Свежий ветер с моря. Записки одесского путешественника - стр. 30
На средства города было построено не только здание школы, но и семь квартир – фактически домов – для преподавателей: отдельный дом для Вальтера Гропиуса и три двухквартирных дома: для Мохой-Надя и Лионеля Фейнингера, Мухе и Шлеммера, Кандинского и Клее с семьями. Дома были готовы к заселению поздней осенью 1926-го. «Они стояли в центре светлого соснового лесочка неподалеку от главного здания Баухауса», – писала Нина Кандинская. Они и сейчас там, в шестистах метрах от учебного корпуса. Нужно лишь немного проехать прямо по Гропиус-аллее и повернуть налево, на Эберт-аллее. Тогда она называлась Бюргкюнауэр-аллее, и именно Кандинская попросила бургомистра построить там дома.
«Когда мы въехали в наши сдвоенные дома, случилось то, что считалось невозможным: новая родина открылась нам и увлекла гостеприимной атмосферой. Конечно, поначалу мы вращались только среди своих. Обустройство дома отнимало время, кроме того, мы оба работали в маленьком саду у дома, а наше воодушевление все росло. Мы сажали сирень и разводили розы, которые, к нашей радости, быстро прижились». Счастливый Кандинский даже писал в Дрезден приятелю Виллу Громану: «Здесь так чудесно: мы живем на природе далеко от города, слышим петухов, птиц, собак, вдыхаем запах сена, цветущей липы, леса. За несколько дней здесь мы совершенно изменились».
Новые дома преподавателей стали диковинкой благодаря своей революционной архитектуре. Туда начали специально приезжать журналисты. Нина Кандинская в своей книге «Кандинский и я» приводит слова журналистики Фаннины Халле:
«Насколько все четыре дома преподавателей похожи снаружи, настолько разительно отличаются друг от друга внутри. <…> В доме Василия Кандинского – вход слева. Минуя скромное помещение, окрашенное в бледно-розовый цвет с одной позолоченной стеной, затем другое, окрашенное в чистый черный, но как двумя солнцами освещенное яркой светоносной картиной и белоснежной отражающей поверхностью большого круглого стола, поднимаешься по узкой лестнице в мастерскую художника и сразу понимаешь, что ему нравятся чистые холодные цвета и что каждая форма здесь, каждый оттенок цвета и их сочетания наделены определенным смыслом.
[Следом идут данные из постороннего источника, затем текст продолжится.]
-- ===== src/Reconnect/Retries.antt =====
-- internal/reconnect/reconnect.go: how often the client dials, and what stops it.
use share_serial.Base.{
  ℕ, zero, suc, ◌+◌, ◌<◌, ◌≡◌, ◌⊎◌, inl, inr, true, false, Option, none, some, ◌==◌, min,
  if◌then◌else◌, arith,
}
use share_serial.Reconnect.{
  RetryError, max_retry_exceeded, dial_failed, ReconnectManager, dialled, try_reconnect, looping,
  stuck, auto_reconnect, round, main_select, shut_down,
}

-- `n` attempts in a row whose dial fails.
pub failures : ℕ → ReconnectManager → ReconnectManager
failures zero m = m
failures (suc n) m = failures n (try_reconnect m none).0

failures-dials :
    (n : ℕ) (m : ReconnectManager)
    → 0 < m.max_retry
    → ((failures n m).dials + min m.retry_count m.max_retry
        ≡ m.dials + min (m.retry_count + n) m.max_retry)
      × ((failures n m).retry_count ≡ m.retry_count + n)
      × ((failures n m).max_retry ≡ m.max_retry)
unfolding failures try_reconnect dialled
failures-dials zero m h = omega arith
failures-dials (suc n) m h = ground (arith, failures-dials n (try_reconnect m none).0)

-- With a limit and no retries behind it, attempts in a row that fail dial as often as the limit says and
-- no more; every attempt past the limit fails with its own error, even if the server is back. What
-- keeps the goroutine from an attempt is in Rounds.antt.
pub retries_bounded :
    (n : ℕ) (m : ReconnectManager) (dial : Option ℕ)
    → 0 < m.max_retry
    → m.retry_count ≡ 0
    → ((failures n m).dials ≡ m.dials + min n m.max_retry)
      × ((n < m.max_retry) ⊎ ((try_reconnect (failures n m) dial).1 ≡ some max_retry_exceeded))
unfolding try_reconnect
retries_bounded n m dial h z =
    (omega (arith, failures-dials n m h), ground (arith, failures-dials n m h))

failures-unlimited :
    (n : ℕ) (m : ReconnectManager)
    → m.max_retry ≡ 0
    → ((failures n m).max_retry ≡ 0) × ((failures n m).dials ≡ m.dials + n)
unfolding failures try_reconnect dialled
failures-unlimited zero m h = omega arith
failures-unlimited (suc n) m h = ground (arith, failures-unlimited n (try_reconnect m none).0)

-- A manager that has no retries behind it, after failures that leave attempts or with no limit set,
-- is connected by the first dial that succeeds to what was dialled, with no error, and the count
-- starts anew.
pub reconnects :
    (n c : ℕ) (m : ReconnectManager)
    → m.retry_count ≡ 0
    → (m.max_retry ≡ 0) ⊎ (n < m.max_retry)
    → let (r, err) = try_reconnect (failures n m) (some c) in
      (err ≡ none) × (r.conn ≡ some c) × (r.connected ≡ true) × (r.retry_count ≡ 0)
unfolding try_reconnect dialled
reconnects n c m z (inl none_set) = ground (arith, failures-unlimited n m none_set)
reconnects n c m z (inr left) = ground (arith, failures-dials n m (omega arith))

-- On a disconnected manager that was not stopped and has no retries behind it, the first dial that
-- fails already ends the client: its error is sent whatever attempts are left, and `main` shuts
-- down on any error, while the goroutine is still looping after one attempt.
first_failure_shuts_down :
    (m : ReconnectManager)
    → m.stop_closed ≡ false
    → m.connected ≡ false
    → m.retry_count ≡ 0
    → let a = round (auto_reconnect m) none in
      (main_select a.err_chan ≡ shut_down dial_failed)
      × (a.loop ≡ looping)
      × (a.manager.retry_count ≡ 1)
      × (a.manager.dials ≡ m.dials + 1)
unfolding round main_select auto_reconnect
first_failure_shuts_down m s d z = (ground arith, ground arith, ground arith, ground arith)

-- On a disconnected manager that was not stopped and has no retries behind it, if nobody receives
-- the errors, the second failed attempt blocks the goroutine for good: the next round changes
-- nothing, even if the server is back.
second_failure_blocks :
    (m : ReconnectManager) (dial : Option ℕ)
    → m.stop_closed ≡ false
    → m.connected ≡ false
    → m.retry_count ≡ 0
    → let a = round (round (auto_reconnect m) none) none in
      ((e : RetryError) × (a.loop ≡ stuck e)) × (round a dial ≡ a)
unfolding round auto_reconnect
second_failure_blocks m dial s d z =
    ((if m.max_retry == 1 then max_retry_exceeded else dial_failed, ground arith), ground arith)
Дверь открывается, и мы оказываемся в уединенном царстве. Его неустанный творец и владыка, вечно юный и всех превосходящий, еще в 1912 году – до войны, революции и сменявших друг друга «измов» бунтарски пророчествовал начало новой эры, новой духовности. Нас захлестывает круговорот больших и маленьких, вечно обновляющихся волшебных миров, доведенных мастером до степени совершенства, они – как спелый фрукт, любовно наколдованный в масляной краске и темпере, акварели и гуаши».